*Saved entries:*
· · · · · · ·

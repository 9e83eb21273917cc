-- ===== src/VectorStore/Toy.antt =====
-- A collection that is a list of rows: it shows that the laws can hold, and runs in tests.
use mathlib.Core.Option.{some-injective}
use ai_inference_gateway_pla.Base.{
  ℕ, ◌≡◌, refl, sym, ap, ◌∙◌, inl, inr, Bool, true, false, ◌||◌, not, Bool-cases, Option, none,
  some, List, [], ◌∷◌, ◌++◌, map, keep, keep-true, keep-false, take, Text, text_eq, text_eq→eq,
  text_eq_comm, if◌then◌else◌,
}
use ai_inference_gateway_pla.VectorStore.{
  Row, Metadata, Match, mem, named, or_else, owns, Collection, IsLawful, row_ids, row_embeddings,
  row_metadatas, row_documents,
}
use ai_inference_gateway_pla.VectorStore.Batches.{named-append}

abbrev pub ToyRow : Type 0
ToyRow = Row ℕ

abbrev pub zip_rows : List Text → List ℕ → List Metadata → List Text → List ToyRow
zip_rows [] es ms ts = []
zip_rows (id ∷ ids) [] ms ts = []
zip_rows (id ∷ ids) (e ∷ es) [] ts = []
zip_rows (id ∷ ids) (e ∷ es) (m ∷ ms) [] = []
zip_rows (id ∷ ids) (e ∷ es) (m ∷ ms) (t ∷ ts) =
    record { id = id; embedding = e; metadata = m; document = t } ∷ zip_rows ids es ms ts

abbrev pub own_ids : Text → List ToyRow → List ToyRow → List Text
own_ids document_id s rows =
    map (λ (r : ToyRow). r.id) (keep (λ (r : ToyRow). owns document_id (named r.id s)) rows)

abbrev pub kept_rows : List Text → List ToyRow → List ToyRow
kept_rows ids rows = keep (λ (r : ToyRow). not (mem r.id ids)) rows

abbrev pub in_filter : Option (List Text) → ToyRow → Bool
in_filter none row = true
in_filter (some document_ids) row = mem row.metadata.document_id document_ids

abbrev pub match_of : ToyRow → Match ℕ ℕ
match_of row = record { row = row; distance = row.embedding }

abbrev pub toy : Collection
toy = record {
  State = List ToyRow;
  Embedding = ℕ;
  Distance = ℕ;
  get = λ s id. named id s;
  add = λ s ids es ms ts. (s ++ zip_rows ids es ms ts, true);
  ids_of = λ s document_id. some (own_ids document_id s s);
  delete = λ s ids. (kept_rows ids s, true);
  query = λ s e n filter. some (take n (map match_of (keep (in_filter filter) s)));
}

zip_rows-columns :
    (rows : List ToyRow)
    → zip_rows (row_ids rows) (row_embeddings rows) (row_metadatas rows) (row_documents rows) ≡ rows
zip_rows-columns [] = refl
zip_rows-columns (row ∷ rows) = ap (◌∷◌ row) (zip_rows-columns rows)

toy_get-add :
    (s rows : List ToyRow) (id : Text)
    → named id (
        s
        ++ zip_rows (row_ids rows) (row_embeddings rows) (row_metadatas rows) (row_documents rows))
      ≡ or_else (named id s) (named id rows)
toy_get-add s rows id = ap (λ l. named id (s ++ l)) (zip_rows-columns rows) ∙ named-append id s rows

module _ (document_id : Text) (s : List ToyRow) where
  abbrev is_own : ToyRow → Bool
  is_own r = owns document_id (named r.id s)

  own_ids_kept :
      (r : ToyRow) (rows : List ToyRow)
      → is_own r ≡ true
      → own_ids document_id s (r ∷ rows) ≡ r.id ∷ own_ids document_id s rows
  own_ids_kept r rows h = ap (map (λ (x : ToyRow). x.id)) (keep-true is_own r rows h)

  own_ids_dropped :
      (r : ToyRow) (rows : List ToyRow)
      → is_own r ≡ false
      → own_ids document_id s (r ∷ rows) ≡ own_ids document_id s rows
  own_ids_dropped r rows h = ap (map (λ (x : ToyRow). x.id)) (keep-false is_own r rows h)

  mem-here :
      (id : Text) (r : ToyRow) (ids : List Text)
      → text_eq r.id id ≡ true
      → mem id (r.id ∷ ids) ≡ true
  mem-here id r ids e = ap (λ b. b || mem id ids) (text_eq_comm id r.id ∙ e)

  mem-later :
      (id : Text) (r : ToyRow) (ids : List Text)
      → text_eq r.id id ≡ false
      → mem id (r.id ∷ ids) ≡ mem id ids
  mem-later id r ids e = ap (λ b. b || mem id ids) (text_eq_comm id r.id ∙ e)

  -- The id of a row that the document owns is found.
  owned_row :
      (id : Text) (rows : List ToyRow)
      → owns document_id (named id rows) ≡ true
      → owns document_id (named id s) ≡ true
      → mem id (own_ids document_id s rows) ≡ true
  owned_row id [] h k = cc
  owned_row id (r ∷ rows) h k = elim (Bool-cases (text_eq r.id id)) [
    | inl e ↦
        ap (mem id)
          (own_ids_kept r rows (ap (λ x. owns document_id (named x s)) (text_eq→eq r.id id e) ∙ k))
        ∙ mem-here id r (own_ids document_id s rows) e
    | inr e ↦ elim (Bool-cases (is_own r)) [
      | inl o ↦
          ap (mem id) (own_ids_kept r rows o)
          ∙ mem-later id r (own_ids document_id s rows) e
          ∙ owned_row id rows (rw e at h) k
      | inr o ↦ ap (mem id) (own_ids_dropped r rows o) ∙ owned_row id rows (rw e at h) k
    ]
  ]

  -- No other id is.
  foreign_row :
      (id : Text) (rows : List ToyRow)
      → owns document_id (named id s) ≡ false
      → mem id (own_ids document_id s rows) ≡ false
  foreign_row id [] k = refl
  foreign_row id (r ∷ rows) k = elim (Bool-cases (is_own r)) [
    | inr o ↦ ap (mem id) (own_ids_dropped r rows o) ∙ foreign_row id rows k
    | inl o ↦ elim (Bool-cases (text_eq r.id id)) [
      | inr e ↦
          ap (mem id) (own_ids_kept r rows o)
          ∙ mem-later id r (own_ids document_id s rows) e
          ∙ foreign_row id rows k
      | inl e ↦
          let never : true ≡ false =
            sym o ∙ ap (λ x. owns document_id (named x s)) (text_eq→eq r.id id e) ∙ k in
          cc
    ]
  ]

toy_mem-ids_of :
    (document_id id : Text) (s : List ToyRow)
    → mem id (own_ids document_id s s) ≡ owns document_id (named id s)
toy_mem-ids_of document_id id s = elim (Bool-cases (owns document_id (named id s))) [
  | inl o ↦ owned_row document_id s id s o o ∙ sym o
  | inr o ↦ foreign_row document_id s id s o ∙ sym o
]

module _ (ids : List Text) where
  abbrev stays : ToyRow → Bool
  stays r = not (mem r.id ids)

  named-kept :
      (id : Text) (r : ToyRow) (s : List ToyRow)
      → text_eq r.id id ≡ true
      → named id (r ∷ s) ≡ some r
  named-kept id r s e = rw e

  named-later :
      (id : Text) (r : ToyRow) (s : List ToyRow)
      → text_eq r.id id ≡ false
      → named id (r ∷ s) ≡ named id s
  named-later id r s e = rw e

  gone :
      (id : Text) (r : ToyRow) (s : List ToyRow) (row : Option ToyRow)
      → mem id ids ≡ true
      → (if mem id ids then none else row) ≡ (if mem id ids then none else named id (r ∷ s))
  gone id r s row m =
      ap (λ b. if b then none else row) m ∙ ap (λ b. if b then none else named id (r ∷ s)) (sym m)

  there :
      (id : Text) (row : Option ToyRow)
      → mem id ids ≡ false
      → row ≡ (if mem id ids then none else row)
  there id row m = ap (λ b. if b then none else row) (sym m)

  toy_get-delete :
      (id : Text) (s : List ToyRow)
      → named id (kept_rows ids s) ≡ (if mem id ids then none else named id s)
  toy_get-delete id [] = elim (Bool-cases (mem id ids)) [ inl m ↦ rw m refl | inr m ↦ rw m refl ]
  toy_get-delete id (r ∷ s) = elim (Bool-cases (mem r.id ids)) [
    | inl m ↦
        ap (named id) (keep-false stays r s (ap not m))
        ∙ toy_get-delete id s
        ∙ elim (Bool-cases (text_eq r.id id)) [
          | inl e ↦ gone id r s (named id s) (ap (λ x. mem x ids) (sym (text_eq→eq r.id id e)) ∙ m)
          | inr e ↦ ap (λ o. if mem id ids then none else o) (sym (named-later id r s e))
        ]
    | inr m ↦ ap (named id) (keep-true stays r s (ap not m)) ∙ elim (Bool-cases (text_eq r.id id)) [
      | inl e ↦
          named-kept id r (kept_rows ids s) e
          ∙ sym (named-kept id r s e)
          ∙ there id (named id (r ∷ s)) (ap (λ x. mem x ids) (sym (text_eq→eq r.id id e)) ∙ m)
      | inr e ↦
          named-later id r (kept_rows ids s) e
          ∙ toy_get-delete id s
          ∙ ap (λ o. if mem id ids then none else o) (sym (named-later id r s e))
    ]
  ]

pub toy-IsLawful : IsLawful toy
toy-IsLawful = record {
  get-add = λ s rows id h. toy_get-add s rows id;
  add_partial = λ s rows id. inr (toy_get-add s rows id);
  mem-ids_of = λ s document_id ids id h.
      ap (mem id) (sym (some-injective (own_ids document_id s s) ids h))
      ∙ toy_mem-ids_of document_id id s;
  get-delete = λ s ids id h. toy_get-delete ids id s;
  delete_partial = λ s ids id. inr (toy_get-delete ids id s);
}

· · · · · · ·

*What this task involves:*
All lines in the records that contain "keep" are to be copied and returned.

*Task answer:*
  some, List, [], ◌∷◌, ◌++◌, map, keep, keep-true, keep-false, take, Text, text_eq, text_eq→eq,
    map (λ (r : ToyRow). r.id) (keep (λ (r : ToyRow). owns document_id (named r.id s)) rows)
kept_rows ids rows = keep (λ (r : ToyRow). not (mem r.id ids)) rows
  query = λ s e n filter. some (take n (map match_of (keep (in_filter filter) s)));
  own_ids_kept r rows h = ap (map (λ (x : ToyRow). x.id)) (keep-true is_own r rows h)
  own_ids_dropped r rows h = ap (map (λ (x : ToyRow). x.id)) (keep-false is_own r rows h)
        ap (named id) (keep-false stays r s (ap not m))
    | inr m ↦ ap (named id) (keep-true stays r s (ap not m)) ∙ elim (Bool-cases (text_eq r.id id)) [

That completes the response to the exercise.